Monday, September 8, 2008

When You Shouldn't Blog

I've worked most of my career in manufacturing and distribution companies. Typically these are companies that are slow to new trends in Information Technology. For instance, I had the privilege of being able to put in the first e-mail system for a $100m distributor back in the mid 90s as well as drop in their website. I've also recently been involved in helping another company try to consolidate their brand presence on-line. In the rush to "get on the web" sometimes companies make strategic errors.

The core of these errors is forgetting the cardinal rule of the web. Content is king. It's not the volume of content that one pushes out or we'd all be so much happier with the volume of spam we receive. It's the content that fulfills three requirements: content that is accurate, relevant, and timely (ART) to the end user.

Think of it, you have spam filters in your email clients to try to use a Bayesian filter to make sure you never have to read email that isn't accurate, relevant, and timely to you. With the migration of web content into digg, delicious, and RSS feeds, you are starting to see some of those same ideas about how to filter content done by humans. It won't be long before you see your web browsers using search engines and your surfing history to suggest stories and sites you might find interesting. Similar to Amazon's recommendation engine, but with your web surfing as input.

So if you're blogging all the time for your company, but you struggle for content to write about that you feel your customers want to read, then you have a problem. You're drowning your signal in noise. Instead, it's important that your customer can expect a certain level of quality and topic consistency. Is your blog about you, or is it about your product, or a topic of interest.

Related, maybe you don't want to be blogging at all. I've found this column by Jakob Nielsen so insightful, that on the strength of it I went to one of his usability conferences. Jakob's point is that given the ease of blogging, and the standard distribution of quality that blog posts will have, it's sometimes better to write an article and let the blogs point to you. (And as I've blogged about his article, you can see it can work.)

Basically, if you are the acknowledged expert on a particular subject, blogging actually detracts from your status as the expert. On any given subject, many people will blog. Some number of them will communicate it better than you, even if they aren't as educated on the topic. And by coming into the blogsphere to write about your expertise, you actually remove part of your expertise.

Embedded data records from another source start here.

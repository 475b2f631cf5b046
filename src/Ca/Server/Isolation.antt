-- ===== src/Ca/Server/Isolation.antt =====
-- What a caller of the authority gets does not depend on the others' requests.
use ziti_ssh.Prelude.{
  ℕ, ◌≡◌, refl, sym, Bool, true, false, not, ◌&&◌, List, [], ◌∷◌, if◌then◌else◌, arith, subst, none,
  some,
}
use ziti_ssh.Text.Trim.{trim_space}
use ziti_ssh.Text.{Text, codes, is_empty, text_dec, text_eq, text_eq_refl, text_eq_ne}
use ziti_ssh.RateLimit.{Bucket, RateMap, new, allow, evict}
use ziti_ssh.RateLimit.Isolation.{
  Agree, new-Agree, allow-Agree, allow-decision, allow_other-Agree, evict-Agree,
}
use ziti_ssh.Ca.Cert.{Ssh}
use ziti_ssh.Ca.Conn.{
  Request, Server, Served, caller_identity, handle_conn, read_line, effective_principal,
}
use ziti_ssh.Ca.Server.{ServerEvent, connected, swept, answers, events_of, idle_limiter_ttl}

text_eq_of_eq : (a c : Text) → a ≡ c → text_eq a c ≡ true
text_eq_of_eq a c e = rw e (text_eq_refl c)

module _ (s : Ssh) (b : Bucket) (to_lower : ℕ → ℕ) (v : Server s b to_lower) where
  open b use {Limiter}

  abbrev handled : Request → RateMap Limiter → Served Limiter
  handled = handle_conn s b to_lower v

  -- Whether a request comes to the limiter: its caller has a name, and sends a line in time.
  unfoldable pub spends : Request → Bool
  spends r =
      let id = caller_identity r.caller in
      not (is_empty id)
      && not (
          text_eq v.mode (codes "per-identity") && is_empty (effective_principal s b to_lower v id))
      && r.deadline_ok
      && elim (read_line r.input) [ none ↦ false | some line ↦ not (is_empty (trim_space line)) ]

  pub handle_conn_spends :
      (r : Request) (m : RateMap Limiter)
      → (handled r m).limiter
        ≡ (if spends r then (allow b (caller_identity r.caller) r.limiter_now m).0 else m)
  unfolding handle_conn spends
  handle_conn_spends r m = ground arith

  handled_ending :
      (r : Request) (m n : RateMap Limiter)
      → (allow b (caller_identity r.caller) r.limiter_now m).1
        ≡ (allow b (caller_identity r.caller) r.limiter_now n).1
      → ((handled r m).ending ≡ (handled r n).ending)
        × ((handled r m).written ≡ (handled r n).written)
  unfolding handle_conn
  handled_ending r m n e = ground arith

  handled-Agree :
      (r : Request) (m n : RateMap Limiter)
      → Agree b (caller_identity r.caller) m n
      → Agree b (caller_identity r.caller) (handled r m).limiter (handled r n).limiter
  handled-Agree r m n h =
      rw (handle_conn_spends r m, handle_conn_spends r n)
        (elim (spends r)
          as (λ (t : Bool).
            Agree b (caller_identity r.caller)
              (if t then (allow b (caller_identity r.caller) r.limiter_now m).0 else m)
              (if t then (allow b (caller_identity r.caller) r.limiter_now n).0 else n)) [
                | true ↦ allow-Agree b (caller_identity r.caller) r.limiter_now m n h
                | false ↦ h
              ])

  handled_other-Agree :
      (id : Text) (r : Request) (m n : RateMap Limiter)
      → text_eq (caller_identity r.caller) id ≡ false
      → Agree b id m n
      → Agree b id (handled r m).limiter n
  handled_other-Agree id r m n ne h =
      rw (handle_conn_spends r m)
        (elim (spends r)
          as (λ (t : Bool).
            Agree b id (if t then (allow b (caller_identity r.caller) r.limiter_now m).0 else m)
              n) [
                | true ↦ allow_other-Agree b id (caller_identity r.caller) r.limiter_now m n ne h
                | false ↦ h
              ])

  answers-events_of_from :
      (id : Text) (es : List ServerEvent) (m n : RateMap Limiter)
      → Agree b id m n
      → answers s b to_lower id v es m ≡ answers s b to_lower id v (events_of id es) n
  unfolding answers events_of
  answers-events_of_from id [] m n h = refl
  answers-events_of_from id (swept now ∷ es) m n h =
      answers-events_of_from id es (evict b now m) (evict b now n) (evict-Agree b id now m n h)
  answers-events_of_from id (connected r ∷ es) m n h =
      elim (text_dec (caller_identity r.caller) id) [
        | yes e ↦
            let own : Agree b (caller_identity r.caller) m n =
              subst (λ t. Agree b t m n) (sym e) h in
            let after : Agree b id (handled r m).limiter (handled r n).limiter =
              subst (λ t. Agree b t (handled r m).limiter (handled r n).limiter) e
                (handled-Agree r m n own) in
            ground (
              arith,
              text_eq_of_eq (caller_identity r.caller) id e,
              handled_ending r m n
                  (allow-decision b (caller_identity r.caller) r.limiter_now m n own),
              answers-events_of_from id es (handled r m).limiter (handled r n).limiter after,
            )
        | no ne ↦
            let off = text_eq_ne (caller_identity r.caller) id ne in
            rw off (
              answers-events_of_from id es (handled r m).limiter n
                (handled_other-Agree id r m n off h))
      ]

  -- Whoever else connects, and whenever the limiter's ticks come, an identity's connections end as
  -- in a run of the server without the others, and get the same bytes.
  pub answers-events_of :
      (id : Text) (es : List ServerEvent)
      → answers s b to_lower id v es (new idle_limiter_ttl)
        ≡ answers s b to_lower id v (events_of id es) (new idle_limiter_ttl)
  answers-events_of id es =
      answers-events_of_from id es (new idle_limiter_ttl) (new idle_limiter_ttl)
        (new-Agree b id idle_limiter_ttl)
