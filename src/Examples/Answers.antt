-- ===== src/Examples/Answers.antt =====
-- A model that is busy at first, and an answer with a fence.
use queryforge.Prelude.{
  some, trim_space, index_of, ℕ, ◌+◌, ◌≡◌, refl, true, false, if◌then◌else◌, ◌==◌, [], ◌∷◌, Bytes,
  codes,
}
use queryforge.Engine.{done}
use queryforge.Llm.{Exchange, answer, Decoded, parts, go, generate, extract_json}
use queryforge.Llm.Retries.{IsServed, generate-IsServed}
use queryforge.Llm.Exact.{IsBody, quoted, other, letter, empty, extract_json-finds}

abbrev decode : Bytes → Decoded
decode body = parts ((true, codes "hm") ∷ (false, body) ∷ [])

abbrev busy : ℕ → Exchange
busy n = if n == 0 then answer 503 [] else answer 200 (codes "ok")

abbrev redact : Bytes → Bytes
redact e = e

generate-IsServed_example :
    IsServed decode redact busy 0
      (5 + 1)
      (generate decode redact (codes "k") (done []) 5 (λ n. go) busy)
generate-IsServed_example = generate-IsServed decode redact (codes "k") (done []) 5 (λ n. go) busy

served_second :
    generate decode redact (codes "k") (done []) 5 (λ n. go) busy ≡ (2, done (codes "ok"))
unfolding generate
served_second = refl

abbrev answer_text : Bytes
answer_text = codes "Here: {\"a\": \"}\"} done"

abbrev answer_body : Bytes
answer_body = codes "\"a\": \"}\""

answer-IsBody : IsBody b'{' answer_body
answer-IsBody = quoted (codes "a") _ (letter _ _ refl refl empty) (
    other _ _ refl refl refl
      (other _ _ refl refl refl (quoted (codes "}") _ (letter _ _ refl refl empty) empty)))

extract_json-finds_example : extract_json answer_text ≡ some (codes "{\"a\": \"}\"}")
unfolding trim_space index_of
extract_json-finds_example =
    extract_json-finds answer_text (codes "Here: ") answer_body (codes " done") b'{' refl refl refl
      (refl, (refl, (refl, (refl, (refl, (refl, tt)))))) answer-IsBody
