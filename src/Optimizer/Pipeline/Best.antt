-- ===== src/Optimizer/Pipeline/Best.antt =====
-- The choice of the best candidate.
use mathlib.Core.List.{Memᴰ}
use queryforge.Prelude.{
  ◌≡◌, refl, ◌⊎◌, inl, inr, true, false, ◌&&◌, Option, none, some, List, [], ◌∷◌, All, All-imp,
  Bool-cases, arith,
}
use queryforge.Prelude.Float.{FloatOps, IsOrdered}
use queryforge.Optimizer.{Result}
use queryforge.Optimizer.Pipeline.{is_accepted, better, pick_best}

module _ {F : Type 0} (fl : FloatOps F) (ordered : IsOrdered fl) where
  -- The choice `o` is an accepted result that `r` does not beat.
  abbrev AtLeast : Option (Result F) → Result F → Type 0
  AtLeast none r = ⊥
  AtLeast (some c) r =
      (is_accepted c.verdict ≡ true) × (fl.lt c.improvement_pct r.improvement_pct ≡ false)

  -- The choice so far is an accepted result, if there is one.
  abbrev Valid : Option (Result F) → Type 0
  Valid none = Unit
  Valid (some c) = is_accepted c.verdict ≡ true

  not_beaten : (b x r : F) → fl.lt b x ≡ true → fl.lt b r ≡ false → fl.lt x r ≡ false
  not_beaten b x r up low = elim (Bool-cases (fl.lt x r)) [
    | inl t ↦ absurd (cc (ordered.lt_trans b x r up t, low))
    | inr f ↦ f
  ]

  better-AtLeast :
      (best : Option (Result F)) (x r : Result F) → AtLeast best r → AtLeast (better fl best x) r
  better-AtLeast none x r h = absurd h
  better-AtLeast (some b) x r h =
      ground (arith, not_beaten b.improvement_pct x.improvement_pct r.improvement_pct)

  better-Valid : (best : Option (Result F)) (x : Result F) → Valid best → Valid (better fl best x)
  better-Valid none x h = ground arith
  better-Valid (some b) x h = ground arith

  better_covers :
      (best : Option (Result F)) (x : Result F)
      → Valid best
      → is_accepted x.verdict ≡ true
      → AtLeast (better fl best x) x
  better_covers none x h a = ground (arith, ordered.lt_irrefl x.improvement_pct)
  better_covers (some b) x h a = ground (arith, ordered.lt_irrefl x.improvement_pct)

  pick_best-AtLeast :
      (best : Option (Result F)) (rs : List (Result F)) (r : Result F)
      → AtLeast best r
      → AtLeast (pick_best fl best rs) r
  unfolding pick_best
  pick_best-AtLeast best [] r h = h
  pick_best-AtLeast best (x ∷ rs) r h =
      pick_best-AtLeast (better fl best x) rs r (better-AtLeast best x r h)

  pick_best-Valid :
      (best : Option (Result F)) (rs : List (Result F)) → Valid best → Valid (pick_best fl best rs)
  unfolding pick_best
  pick_best-Valid best [] h = h
  pick_best-Valid best (x ∷ rs) h = pick_best-Valid (better fl best x) rs (better-Valid best x h)

  abbrev Covered : Option (Result F) → Result F → Type 0
  Covered o r = is_accepted r.verdict ≡ true → AtLeast o r

  pick_best_covers :
      (best : Option (Result F)) (rs : List (Result F))
      → Valid best
      → All (Covered (pick_best fl best rs)) rs
  unfolding pick_best
  pick_best_covers best [] h = tt
  pick_best_covers best (x ∷ rs) h = (
    λ a. pick_best-AtLeast (better fl best x) rs x (better_covers best x h a),
    pick_best_covers (better fl best x) rs (better-Valid best x h),
  )

  -- The choice is one of the results, or the one that was there before.
  pick_best_from :
      (best : Option (Result F)) (rs : List (Result F)) (b : Result F)
      → pick_best fl best rs ≡ some b
      → Memᴰ b rs ⊎ (best ≡ some b)
  unfolding pick_best
  pick_best_from best [] b h = inr h
  pick_best_from best (x ∷ rs) b h = elim (pick_best_from (better fl best x) rs b h) [
    | inl m ↦ inl (Memᴰ.tail m)
    | inr e ↦ elim (kept best) [
      | inl old ↦ inr (rw (← old) e)
      | inr new ↦ inl (Memᴰ.head (cc (e, new)))
    ]
  ]
    where
      kept : (o : Option (Result F)) → (better fl o x ≡ o) ⊎ (better fl o x ≡ some x)
      kept none = ground arith
      kept (some c) = ground arith

  unbeaten :
      (b r : Result F)
      → (is_accepted r.verdict ≡ true → AtLeast (some b) r)
      → (is_accepted r.verdict && fl.lt b.improvement_pct r.improvement_pct) ≡ false
  unbeaten b r h = elim (Bool-cases (is_accepted r.verdict)) [
    | inl t ↦ rw t (h t).1
    | inr f ↦ rw f refl
  ]

  not_accepted : (r : Result F) → (is_accepted r.verdict ≡ true → ⊥) → is_accepted r.verdict ≡ false
  not_accepted r h = elim (Bool-cases (is_accepted r.verdict)) [ inl t ↦ absurd (h t) | inr f ↦ f ]

  -- The best of a run's results is one of them, is accepted, and no accepted result has a greater
  -- improvement.
  pub pick_best-some :
      (rs : List (Result F)) (b : Result F)
      → pick_best fl none rs ≡ some b
      → Memᴰ b rs
        × (is_accepted b.verdict ≡ true)
        × All (λ r. (is_accepted r.verdict && fl.lt b.improvement_pct r.improvement_pct) ≡ false) rs
  pick_best-some rs b chosen = (
    elim (pick_best_from none rs b chosen) [ inl m ↦ m | inr e ↦ absurd (cc) ],
    rw chosen at (pick_best-Valid none rs tt),
    All-imp (Covered (pick_best fl none rs))
        (λ r. (is_accepted r.verdict && fl.lt b.improvement_pct r.improvement_pct) ≡ false) rs
        (λ r h. unbeaten b r (λ a. rw chosen at (h a))) (pick_best_covers none rs tt),
  )

  -- Where there is no best, no result is accepted.
  pub pick_best-none :
      (rs : List (Result F))
      → pick_best fl none rs ≡ none
      → All (λ r. is_accepted r.verdict ≡ false) rs
  pick_best-none rs nothing_chosen =
      All-imp (Covered (pick_best fl none rs)) (λ r. is_accepted r.verdict ≡ false) rs
        (λ r h. not_accepted r (λ a. rw nothing_chosen at (h a))) (pick_best_covers none rs tt)
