-- ===== src/Optimizer/Gate.antt =====
-- What the verification gate lets through, and what it never does.
use queryforge.Prelude.{
  ◌≡◌, refl, ◌↔◌, true, false, Option, none, some, bytes_eq, Bool-cases, Option-cases, inl, inr,
  arith,
}
use queryforge.Prelude.Float.{FloatOps}
use queryforge.Engine.{Outcome, done, fault, Measurement, ResultHash, equal}
use queryforge.Sql.{Statement, not_read_only, unparseable, Parsed, parsed, refused}
use queryforge.Sql.Shape.{ShapeError, same_shape}
use queryforge.Optimizer.{
  accepted, rejected, Candidate, Result, Baseline, Verifier, normalize_sql, improvement_pct,
  max_float, untested, check_speed, check_results, check_shape, check_text, verify,
}

module _ {F E : Type 0} (fl : FloatOps F) (v : Verifier F E) (base : Baseline F)
    (c : Candidate) where
  -- The candidate's checksum run, and its timing run after it.
  abbrev hashed : E → Outcome ResultHash × E
  hashed e = v.engine.checksum c.sql base.ordered e

  abbrev timed : E → Outcome (Measurement F) × E
  timed e = v.engine.measure c.sql v.runs (hashed e).1

  -- Everything that an accepted candidate has been through.
  pub record Proven (e : E) : Type 0 where
    pub st : Statement
    pub read_only : v.parse c.sql ≡ parsed st
    pub new_text : bytes_eq (normalize_sql st.sql) (normalize_sql base.statement.sql) ≡ false
    pub shape : same_shape base.statement st ≡ none
    pub hash : ResultHash
    pub ran : (hashed e).0 ≡ done hash
    pub same_results : equal (some base.checksum) (some hash) ≡ true
    pub timing : Measurement F
    pub measured : (timed e).0 ≡ done timing
    pub in_time : timing.timed_out ≡ false
    pub over_threshold :
        fl.lt (improvement_pct fl base.measured.median_ms timing.median_ms) v.min_improvement_pct
        ≡ false
    pub over_noise :
        fl.le
          (fl.sub base.measured.median_ms timing.median_ms)
          (max_float fl base.measured.spread_ms timing.spread_ms)
        ≡ false

  accepted-of-Proven : (e : E) → Proven e → (verify fl v base c e).0.verdict ≡ accepted
  unfolding verify
  accepted-of-Proven e p = rw p.read_only (
      rw p.new_text (
        rw p.shape (
          rw p.ran (
            rw p.same_results
              (rw p.measured (rw p.in_time (rw p.over_threshold (rw p.over_noise refl))))))))

  -- What the timing step has seen when it accepts.
  record Faster (o : Outcome (Measurement F)) : Type 0 where
    timing : Measurement F
    measured : o ≡ done timing
    in_time : timing.timed_out ≡ false
    over_threshold :
        fl.lt (improvement_pct fl base.measured.median_ms timing.median_ms) v.min_improvement_pct
        ≡ false
    over_noise :
        fl.le
          (fl.sub base.measured.median_ms timing.median_ms)
          (max_float fl base.measured.spread_ms timing.spread_ms)
        ≡ false

  Faster-of-check_speed :
      (res : Result F) (o : Outcome (Measurement F))
      → (check_speed fl v base c res o).verdict ≡ accepted
      → Faster o
  unfolding check_speed
  Faster-of-check_speed res (fault t) h = cc
  Faster-of-check_speed res (done m) h = record {
    timing = m;
    measured = refl;
    in_time = ground arith;
    over_threshold = ground arith;
    over_noise = ground arith;
  }

  record Equal (e : E) (o : Outcome ResultHash) : Type 0 where
    hash : ResultHash
    ran : o ≡ done hash
    same_results : equal (some base.checksum) (some hash) ≡ true
    quick : Faster (v.engine.measure c.sql v.runs e).0

  Equal-of-check_results :
      (res : Result F) (o : Outcome ResultHash) (e : E)
      → (check_results fl v base c res o e).0.verdict ≡ accepted
      → Equal e o
  unfolding check_results
  Equal-of-check_results res (fault t) e h = cc
  Equal-of-check_results res (done hash) e h =
      elim (Bool-cases (equal (some base.checksum) (some hash))) [
        | inl same ↦ record {
          hash = hash;
          ran = refl;
          same_results = same;
          quick = Faster-of-check_speed (record res { results_identical = true }) _ (rw same at h);
        }
        | inr other ↦ absurd (never (rw other at h))
      ]
    where
      never : rejected ≡ accepted → ⊥
      never q = cc

  Equal-of-check_shape :
      (res : Result F) (o : Option ShapeError) (e : E)
      → (check_shape fl v base c res o e).0.verdict ≡ accepted
      → (o ≡ none) × Equal (hashed e).1 (hashed e).0
  unfolding check_shape
  Equal-of-check_shape res (some why) e h = cc
  Equal-of-check_shape res none e h = (refl, Equal-of-check_results res (hashed e).0 (hashed e).1 h)

  Proven-of-check_text :
      (res : Result F) (o : Parsed Statement) (e : E)
      → v.parse c.sql ≡ o
      → (check_text fl v base c res o e).0.verdict ≡ accepted
      → Proven e
  unfolding check_text
  Proven-of-check_text res (refused (not_read_only t)) e q h = absurd (cc)
  Proven-of-check_text res (refused (unparseable t)) e q h = absurd (cc)
  Proven-of-check_text res (parsed st) e q h =
      elim (Bool-cases (bytes_eq (normalize_sql st.sql) (normalize_sql base.statement.sql))) [
        | inl copy ↦ absurd (never (rw copy at h))
        | inr new ↦
            let (fits, same) =
              Equal-of-check_shape res (same_shape base.statement st) e (rw new at h) in
            record {
              st = st;
              read_only = q;
              new_text = new;
              shape = fits;
              hash = same.hash;
              ran = same.ran;
              same_results = same.same_results;
              timing = same.quick.timing;
              measured = same.quick.measured;
              in_time = same.quick.in_time;
              over_threshold = same.quick.over_threshold;
              over_noise = same.quick.over_noise;
            }
      ]
    where
      never : rejected ≡ accepted → ⊥
      never x = cc

  -- A candidate is accepted exactly when it is proven: it parses as a read-only statement, its text
  -- is new, it has the shape of the original, its result has the checksum, the row count and the
  -- ordering of the original's, its timing did not run out, its improvement is not below the
  -- threshold, and the time it saves is not within the larger of the two spreads.
  pub verify-accepts-iff-Proven : (e : E) → ((verify fl v base c e).0.verdict ≡ accepted) ↔ Proven e
  unfolding verify
  verify-accepts-iff-Proven e =
      (Proven-of-check_text (untested fl base c) (v.parse c.sql) e refl, accepted-of-Proven e)

  unrun_text :
      (res : Result F) (o : Parsed Statement) (e : E)
      → ((st : Statement)
          → o ≡ parsed st
          → same_shape base.statement st ≡ none
          → bytes_eq (normalize_sql st.sql) (normalize_sql base.statement.sql) ≡ true)
      → ((check_text fl v base c res o e).1 ≡ e)
        × ((check_text fl v base c res o e).0.verdict ≡ rejected)
  unfolding check_text
  unrun_text res (refused (not_read_only t)) e h = (refl, refl)
  unrun_text res (refused (unparseable t)) e h = (refl, refl)
  unrun_text res (parsed st) e h =
      elim (Bool-cases (bytes_eq (normalize_sql st.sql) (normalize_sql base.statement.sql))) [
        | inl copy ↦ rw copy (refl, refl)
        | inr new ↦ elim (Option-cases (same_shape base.statement st)) [
          | inl fits ↦ absurd (cc (h st refl fits, new))
          | inr (why, differs) ↦ rw (new) (rw differs (refl, refl))
        ]
      ]

  -- A candidate that is refused by the parser, is the original's text or has another shape is never
  -- run: the engine is left as it was, and the candidate is rejected.
  pub verify-runs-only-checked :
      (e : E)
      → ((st : Statement)
          → v.parse c.sql ≡ parsed st
          → same_shape base.statement st ≡ none
          → bytes_eq (normalize_sql st.sql) (normalize_sql base.statement.sql) ≡ true)
      → ((verify fl v base c e).1 ≡ e) × ((verify fl v base c e).0.verdict ≡ rejected)
  unfolding verify
  verify-runs-only-checked e h = unrun_text (untested fl base c) (v.parse c.sql) e h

So my recommendation to you? Blog. But blog with a purpose, not a deadline. If you're writing on your expertise, make the blog post meaty enough to be an article. Give your viewers something solid enough that they always see your posts as high value and worth reading.

2 comments:

jsmart said...

I'm a fan of Jakob Nielsen but I hadn't seen that link before. Thanks!

John Kelly said...

That column convinced me to attend one of his seminars on usability. It comes recomended, he's got such a good latch on how to think about disseminating web content.

Forgive me typos, I'm responding from a bus on my iPhone.